Si bien se pueden analizar los procesos migratorios desde la perspectiva y dinámica propia de
los estados nacionales o desde la unidad excluyente del llamado Triángulo Norte (El Salvador,
Guatemala y Honduras), consideramos pertinente analizar el proceso migratorio como un
subsistema, que se integra por una parte a la dinámica mesoamericana, que incluye a México
como país receptor, emisor, de tránsito y retorno y, a Norteamérica, como eje de referencia
continental, principal motor de la demanda de mano de obra regional y lugar único y
privilegiado de destino.
En la década de los 80, con las guerras civiles en Nicaragua (Somoza y Contras), el
enfrentamiento armado de El Salvador y la guerra de baja intensidad en Guatemala, se pasó de
la migración de exilados políticos a la de refugiados, que llegaron principalmente a México,
Estados Unidos y Canadá.
La década de los 90 fue una fase de reconstrucción, acuerdos de paz y retorno de refugiados.

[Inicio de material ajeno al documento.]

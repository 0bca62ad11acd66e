-- ===== src/Interrupt.antt =====
-- w2/sys/idt.c: the table of interrupt handlers, page faults and the entry of system calls.
-- The addresses of the assembly entries are arguments, and so are the registers, the fault's address
-- and its error code. `none` is an access through a null pointer, or a fault of the parts below.
pub mod Gates
pub mod Demand
mod Tests
use sbrocks.Prelude.{
  ℕ, zero, suc, ◌+◌, ◌-◌, ◌*◌, ◌/◌, ◌%◌, ◌^◌, Bool, true, false, Option, none, some, List, [], ◌∷◌,
  ltb, leb, ◌==◌, not, if◌then◌else◌, ◌&&◌, bit_and, bit_or, get_or,
}
use sbrocks.Prelude.Fault.{◌>>=◌, ◌>>◌, require}
use sbrocks.Kstring.{memcpy, memset, word_mod}
use sbrocks.PhyAlloc.{align_up, align_down, page_size, dec_ref_count}
use sbrocks.Paging.{
  Vm, virt_to_phy, get_pte_entry, map_virt_to_phy, alloc_pages, alloc_pages_at_virt, write,
  set_cow_bit, is_cow_set, is_writable_page, virt_kernel_base, phys_of,
}
use sbrocks.Process.{Kernel, Task, Regs, VmaType, put_task}
use sbrocks.Process.Create.{area_next_of}
use sbrocks.Syscall.{
  System, Answer, returns, switches, with_kernel, current, current_of, task_of, change_task,
}
use sbrocks.Syscall.Control.{system_exit}
use sbrocks.Syscall.Fork.{user_flags, load_tables}
use sbrocks.Syscall.Io.{system_clearscreen}
use sbrocks.Syscall.Handler.{switch_handler}

pub record IdtEntry : Type 0 where
  pub base_lo : ℕ
  pub sel : ℕ
  pub ist_reserved : ℕ
  pub flags : ℕ
  pub base_mid : ℕ
  pub base_hi : ℕ
  pub reserved : ℕ

pub idt_set_gate : (num base sel flags : ℕ) → (ℕ → IdtEntry) → ℕ → IdtEntry
idt_set_gate num base sel flags idt n =
    let gate : IdtEntry = record {
      base_lo = base % 2 ^ 16;
      sel = sel;
      ist_reserved = 0;
      flags = flags;
      base_mid = base / 2 ^ 16 % 2 ^ 16;
      base_hi = base / 2 ^ 32 % 2 ^ 32;
      reserved = 0;
    } in
    if num == n then gate else idt n

abbrev pub empty_gate : IdtEntry
empty_gate = record {
  base_lo = 0;
  sel = 0;
  ist_reserved = 0;
  flags = 0;
  base_mid = 0;
  base_hi = 0;
  reserved = 0;
}

-- The gates of the first `n` exceptions.
pub exception_gates : (n : ℕ) → (isr : ℕ → ℕ) → ℕ → IdtEntry
exception_gates zero isr = λ n. empty_gate
exception_gates (suc n) isr = idt_set_gate n (isr n) 0x08 0x8e (exception_gates n isr)

pub idt_install : (isr : ℕ → ℕ) → (irq0 irq1 : ℕ) → ℕ → IdtEntry
idt_install isr irq0 irq1 = idt_set_gate 33 irq1 0x08 0x8e (
    idt_set_gate 0x80 (isr 128) 0x08 0xee (idt_set_gate 32 irq0 0x08 0x8e (exception_gates 32 isr)))

-- A page of zeros for an address in the heap.
pub heap_page : (addr : ℕ) → System → Option System
heap_page addr sys = do
  let k = sys.kernel
  let vaddr = align_down addr
  (at, vm) ←
      alloc_pages_at_virt vaddr page_size user_flags (load_tables (current_of sys).pml4e k.vm)
  some (with_kernel (record k { vm = vm; memory = memset k.memory vaddr 0 page_size }) sys)

-- A page for an address in the stack, below the next border of pages.
pub stack_page : (addr : ℕ) → System → Option System
stack_page addr sys = do
  let k = sys.kernel
  let vaddr = (align_up addr + word_mod - 4096) % word_mod
  (at, vm) ←
      alloc_pages_at_virt vaddr page_size user_flags (load_tables (current_of sys).pml4e k.vm)
  some (with_kernel (record k { vm = vm }) sys)

-- Where an address lies with respect to an area.
pub data Place : Type 0 where
  in_heap : Place
  in_stack : Place
  elsewhere : Place

pub place_of : VmaType → (vm_start vm_end addr : ℕ) → Place
place_of VmaType.vma_heap vm_start vm_end addr =
    if leb vm_start addr && ltb addr ((vm_end + 2 * page_size) % word_mod)
    then Place.in_heap
    else Place.elsewhere
place_of VmaType.vma_stack vm_start vm_end addr =
    if leb addr vm_start && ltb vm_end addr then Place.in_stack else Place.elsewhere
place_of VmaType.vma_normal vm_start vm_end addr = Place.elsewhere

abbrev pub place_in : Kernel → (vma addr : ℕ) → Place
place_in k vma addr = let a = k.areas vma in place_of a.vma_type a.vm_start a.vm_end addr

-- The walk of `demand_paging` from the area `vma` on; without a place for the address the task ends.
pub page_in : (left fuel addr vma : ℕ) → System → Option System
page_in zero fuel addr vma sys = none
page_in (suc left) fuel addr vma sys =
    let rest = page_in left fuel addr (area_next_of sys.kernel vma) sys in
    elim (vma == 0) [
      | true ↦ system_exit fuel sys
      | false ↦ elim (place_in sys.kernel vma addr) [
        | Place.in_heap ↦ heap_page addr sys
        | Place.in_stack ↦ stack_page addr sys
        | Place.elsewhere ↦ rest
      ]
    ]

pub demand_paging : (fuel addr : ℕ) → System → Option System
demand_paging fuel addr sys =
    page_in fuel fuel addr (sys.kernel.mms (current_of sys).mm).vma_list sys

-- A write to a page that is shared until then: the task gets a copy of its own.
pub copy_on_write : (vaddr paddr : ℕ) → System → Option System
copy_on_write vaddr paddr sys = do
  let k = sys.kernel
  let start_addr = align_down vaddr
  (dummy_vaddr, vm1) ← alloc_pages 1 user_flags k.vm
  let phy_addr = virt_to_phy dummy_vaddr vm1
  let m = memcpy k.memory dummy_vaddr start_addr page_size
  vm2 ← map_virt_to_phy start_addr phy_addr user_flags vm1
  phy ← dec_ref_count paddr vm2.phy
  let vm3 = record vm2 { phy = phy }
  let pte = get_pte_entry start_addr vm3
  require (not (pte == 0))
  let marked = write vm3 (phys_of pte) (set_cow_bit (vm3.word (phys_of pte)))
  some (with_kernel (record k { vm = marked; memory = m }) sys)

-- A fault on a page that is present; the entry is read before its pointer is tested.
pub protection_fault : (vaddr : ℕ) → System → Option System
protection_fault vaddr sys = do
  let vm = sys.kernel.vm
  let pte = get_pte_entry vaddr vm
  require (not (pte == 0))
  let e = vm.word (phys_of pte)
  let copied = copy_on_write vaddr (bit_and e 0x000F_FFFF_FFFF_F000) sys
  if not (is_cow_set e == 0) && (is_writable_page e == 0) then copied else some sys

abbrev pub save_regs : Regs → System → System
save_regs r sys =
    if current sys == 0
    then sys
    else change_task (current sys) (record (current_of sys) { r = r }) sys

-- `system_exit` does not come back. The messages that go to the screen are left out.
pub page_fault_handler : (fuel err_code vaddr : ℕ) → Regs → System → Option (Regs × System)
page_fault_handler fuel err_code vaddr r sys = do
  let sys1 = save_regs r sys
  let inside =
      if bit_and err_code 1 == 0 then demand_paging fuel vaddr sys1 else protection_fault vaddr sys1
  let faulted = if leb virt_kernel_base vaddr then system_exit fuel sys1 else inside
  sys2 ← faulted
  some ((if current sys2 == 0 then r else (current_of sys2).r), sys2)

-- The places of rdx, rcx and rbx in `general`.
abbrev pub general_of : Regs → (i : ℕ) → ℕ
general_of r i = get_or r.general i 0

-- The registers that the calling task goes on with, unless it has given the processor away.
pub answer_regs : (task : ℕ) → Answer × System → Regs × System
answer_regs task (returns ret, sys) =
    let t = task_of sys task in
    let r = record t.r { rax = ret } in (r, change_task task (record t { r = r }) sys)
answer_regs task (switches, sys) = ((task_of sys task).r, sys)

pub syscall_handler : (fuel text_fuel temp_name : ℕ) → Regs → System → Option (Regs × System)
syscall_handler fuel text_fuel temp_name r sys = do
  let task = current sys
  require (not (task == 0))
  let sys1 = save_regs r sys
  answered ←
      switch_handler fuel text_fuel temp_name r.rax (general_of r 12) (general_of r 11)
        (general_of r 10) sys1
  some (answer_regs task answered)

Al mismo tiempo se desató un movimiento masivo y generalizado de migrantes económicos
hacia Estados Unidos. En efecto, según el censo norteamericano de 1970 se constata la
presencia de tan sólo 15 mil 717 salvadoreños, en 1990 casi llegaron al medio millón (465 mil
423) y en 2010 sobrepasaron el millón (un millón 112 mil 64). Procesos similares se dieron en
Guatemala, Nicaragua y Honduras.
El cambio de siglo sorprendió a la región con una catástrofe devastadora, el huracán Mitch
(1998). La región, especialmente Honduras, quedó arrasada en su infraestructura, los campos
inundados y deslavados, las cosechas perdidas, pueblos enteros en ruinas o inundados. A la
catástrofe ambiental le siguió la peor crisis social, económica y humanitaria, que buscó salida
en la emigración. En ese contexto y como apoyo a la región, Estados Unidos otorgó a miles de
centroamericanos un estatus de protección temporal (TPS) que se ha renovado
subsecuentemente a lo largo de los años. Esto dio inicio a un nuevo proceso, el del refugio
ambiental, que se expresó con la concesión de visas.